Cyber security is a broad subject with hundreds of do's and don't's and can often be a daunting challenge. However, there are core pillars you can focus on easily to boost your business' security. The tips below should provide you with some easy actions to help you take the first steps to become cyber secure!
Mobile Device Management
Smartphones and tablets can be just as powerful as traditional computers but leave the safety of the office/home far more frequently.
- Identify what your people's mobile devices can potentially access. Devices may sync with the company's OneDrive or Teams to access files and conversations. Even basic email access exposes the phone to information and attachments that we all have scattered within our mailbox.
- Make sure that any device that has access to your business' data is secured and controlled. Solutions such as Microsoft's Intune or Sophos Mobile can help manage your mobile devices, control what data is available to your people and how that data is used.
Email Security
"Phishing is when attackers attempt to trick users into doing 'the wrong thing', such as clicking a bad link that will download malware, or direct them to a dodgy website."
Source: National Cyber Security Centre
Phishing remains the most common threat vector in the 2021 Cyber Security Breaches Survey. So it is no surprise that all businesses, big and small, are almost guaranteed to receive phishing attacks at some point. Help keep your people safe with the following:
- Give as little access as possible: Configure your people's accounts using the 'least privilege' principle. A compromised admin account can cause untold damage while a 'least privilege' user can help restrict malicious actions after compromise.
- Educate your people. Here's four things Mimecast recommend to look for:
1. Look for inconsistencies in links, addresses and domains.

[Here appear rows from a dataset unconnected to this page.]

-- ===== src/Storage/Book/Open.antt =====
-- What opening a book checks, crates/attic-storage/src/book.rs: the header on every branch, and what
-- an opened book has.
use attic_shogi.Prelude.{
  ℕ, ◌+◌, ◌-◌, ◌*◌, ◌^◌, ◌≤◌, ◌<◌, ◌≡◌, ◌≢◌, ◌⊎◌, refl, ap, ◌∙◌, inl, inr, bit_and, true, false,
  not, ◌==◌, ltb, if◌then◌else◌, eq_of_==, Bool-cases, length, arith,
}
use native.Mathlib.Decide.{dec_lt}
use attic_shogi.Prelude.Result.{Result, ok, err, ◌>>=◌}
use attic_shogi.Storage.Bytes.{Bytes, slice, read_u64_le}
use attic_shogi.Storage.Bytes.Laws.{
  get_range-in, get_range-out, slice-slice, checked-in, checked-out,
}
use attic_shogi.Storage.Book.{
  header_size, index_record_size, known_flags, magic, is_magic, BookError, truncated_header,
  bad_magic, unknown_flags, record_count_overflow, truncated_index, Book, Source, memory, cmp, less,
  equal, greater, Order, parse_header, moves_base_of, from_memory,
}
use attic_shogi.Storage.Book.Keys.{eq_of_cmp, less-ne, greater-ne}

-- The fields of the header of a file.
abbrev pub magic_field : Bytes → Bytes
magic_field d = slice 0 16 d

abbrev pub count_field : Bytes → ℕ
count_field d = read_u64_le (slice 16 8 d)

abbrev pub flags_field : Bytes → ℕ
flags_field d = read_u64_le (slice 24 8 d)

-- Where the moves of a book of `n` records start.
abbrev pub index_end : ℕ → ℕ
index_end n = header_size + n * index_record_size

abbrev pub unknown_bits : ℕ → ℕ
unknown_bits flags = bit_and flags (2 ^ 64 - 1 - known_flags)

abbrev pub header_book : Bytes → Source → Book
header_book d s = record {
  record_count = count_field d;
  flags = flags_field d;
  moves_base = index_end (count_field d);
  source = s;
}

-- The header is one this reader knows, and its index region is a `u64`.
pub record IsHeader (d : Bytes) : Type 0 where
  pub whole : header_size ≤ length d
  pub magic : magic_field d ≡ magic
  pub flags : unknown_bits (flags_field d) ≡ 0
  pub fits : index_end (count_field d) < 2 ^ 64

-- The results of opening the bytes `d`, each with the condition under which it is given.
pub data Opened (d : Bytes) : Result BookError Book → Type 0 where
  short : length d < header_size → Opened d (err truncated_header)
  foreign : header_size ≤ length d → magic_field d ≢ magic → Opened d (err bad_magic)
  flagged :
      header_size ≤ length d
      → magic_field d ≡ magic
      → unknown_bits (flags_field d) ≢ 0
      → Opened d (err (unknown_flags (flags_field d)))
  overflowing :
      header_size ≤ length d
      → magic_field d ≡ magic
      → unknown_bits (flags_field d) ≡ 0
      → 2 ^ 64 ≤ index_end (count_field d)
      → Opened d (err record_count_overflow)
  cut : IsHeader d → length d < index_end (count_field d) → Opened d (err truncated_index)
  sound :
      IsHeader d → index_end (count_field d) ≤ length d → Opened d (ok (header_book d (memory d)))

is_magic-cases :
    (b : Bytes) → ((is_magic b ≡ true) × (b ≡ magic)) ⊎ ((is_magic b ≡ false) × (b ≢ magic))
is_magic-cases b = on (cmp b magic) refl
  where
    on :
        (o : Order)
        → cmp b magic ≡ o
        → ((is_magic b ≡ true) × (b ≡ magic)) ⊎ ((is_magic b ≡ false) × (b ≢ magic))
    on equal e = inl (rw (is_magic, e) refl, eq_of_cmp b magic e)
    on less e = inr (rw (is_magic, e) refl, less-ne b magic e)
    on greater e = inr (rw (is_magic, e) refl, greater-ne b magic e)

pub moves_base_of-fits : (n : ℕ) → index_end n < 2 ^ 64 → moves_base_of n ≡ ok (index_end n)
unfolding moves_base_of
moves_base_of-fits n h =
    rw (checked-in (n * 44) (omega arith), checked-in (n * 44 + 32) (omega arith))
      (ap ok (omega arith))

moves_base_of-overflow :
    (n : ℕ) → 2 ^ 64 ≤ index_end n → moves_base_of n ≡ err record_count_overflow
unfolding moves_base_of
moves_base_of-overflow n h = elim (dec_lt (n * 44) (2 ^ 64)) [
  | yes p ↦ rw (checked-in (n * 44) p, checked-out (n * 44 + 32) (omega arith)) refl
  | no p ↦ rw (checked-out (n * 44) (omega arith)) refl
]

-- The header as the slice of the first 32 bytes is read.
parse_header_lem :
    (d : Bytes)
    → parse_header (slice 0 header_size d) ≡ (
        if not (is_magic (magic_field d))
        then err bad_magic
        else if not (unknown_bits (flags_field d) == 0)
        then err (unknown_flags (flags_field d))
        else ok (count_field d, flags_field d))
unfolding parse_header
parse_header_lem d =
    rw
      (
        slice-slice 0 16 32 d (omega arith),
        slice-slice 16 8 32 d (omega arith),
        slice-slice 24 8 32 d (omega arith),
      )
      refl

-- A known header, by the size of its index region.
body-Opened :
    (d : Bytes)
    → header_size ≤ length d
    → magic_field d ≡ magic
    → unknown_bits (flags_field d) ≡ 0
    → Opened d (
        moves_base_of (count_field d) >>= λ base.
        if ltb (length d) base
        then err truncated_index
        else ok (record {
          record_count = count_field d;
          flags = flags_field d;
          moves_base = base;
          source = memory d;
        }))
body-Opened d w m f = elim (dec_lt (index_end (count_field d)) (2 ^ 64)) [
  | no p ↦
      rw (moves_base_of-overflow (count_field d) (omega arith)) (overflowing w m f (omega arith))
  | yes p ↦
      rw (moves_base_of-fits (count_field d) p)
        (elim (Bool-cases (ltb (length d) (index_end (count_field d)))) [
          | inl e ↦ rw e (cut (header p) (ground arith))
          | inr e ↦ rw e (sound (header p) (ground arith))
        ])
]
  where
    header : index_end (count_field d) < 2 ^ 64 → IsHeader d
    header p = record { whole = w; magic = m; flags = f; fits = p }

-- Opening bytes in memory never panics. It gives each error under its own condition, in the order of
-- the checks (length, magic, flags, overflow of the index, length of the index), and else the book of
-- the header's fields.
pub from_memory-Opened : (d : Bytes) → Opened d (from_memory d)
unfolding from_memory
from_memory-Opened d = elim (dec_lt (length d) header_size) [
  | yes p ↦ rw (get_range-out d 0 header_size p) (short p)
  | no p ↦
      let w : header_size ≤ length d = omega arith in
      rw (get_range-in d 0 header_size w, parse_header_lem d)
        (elim (is_magic-cases (magic_field d)) [
          | inr (e, m) ↦ rw e (foreign w m)
          | inl (e, m) ↦ rw e (elim (Bool-cases (unknown_bits (flags_field d) == 0)) [
            | inr z ↦ rw z (
                flagged w m
                  (λ h. let k : (unknown_bits (flags_field d) == 0) ≡ true = rw h refl in cc))
            | inl z ↦ rw z (body-Opened d w m (eq_of_== _ _ z))
          ])
        ])
]

pub parse_header-ok :
    {d : Bytes}
    → IsHeader d
    → parse_header (slice 0 header_size d) ≡ ok (count_field d, flags_field d)
parse_header-ok {d} v = elim (is_magic-cases (magic_field d)) [
  | inr (e, m) ↦ absurd (m v.magic)
  | inl (e, m) ↦
      let z : (unknown_bits (flags_field d) == 0) ≡ true = rw v.flags refl in
      parse_header_lem d ∙ rw (e, z) refl
]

2. Watch out for bad spelling and grammar and unfamiliar language.
3. Be suspicious of demands for urgent action.
- Have an easy method for reporting suspected emails and investigating them. For those that are able to, Microsoft 365’s Phishing Investigation tool offers a great reporting and automated investigation function with proactive phishing detection and protection which can help take some strain off your technical / security people while making it easier for your end users. However, for those wanting a more basic approach, a simple process combined with proper end-user training can also suffice. Try including frequently asked questions in your process to help your users such as:
- What do we report? (Do you want them to report all suspected phish or simply delete them)
- Who do we report to? (Who should handle these phish reports or questions)
- How do we report? (How should your users forward their suspected phishing to you)
Keep your systems and software up to date!
- Know what IT equipment is on your network and what software is installed on each device.
- Ensure all software and firmware are kept up to date with the latest versions (this is also known as patching). Where possible and available, systems should be set to 'automatically update' with patches being installed within 14 days of release as a rule of thumb.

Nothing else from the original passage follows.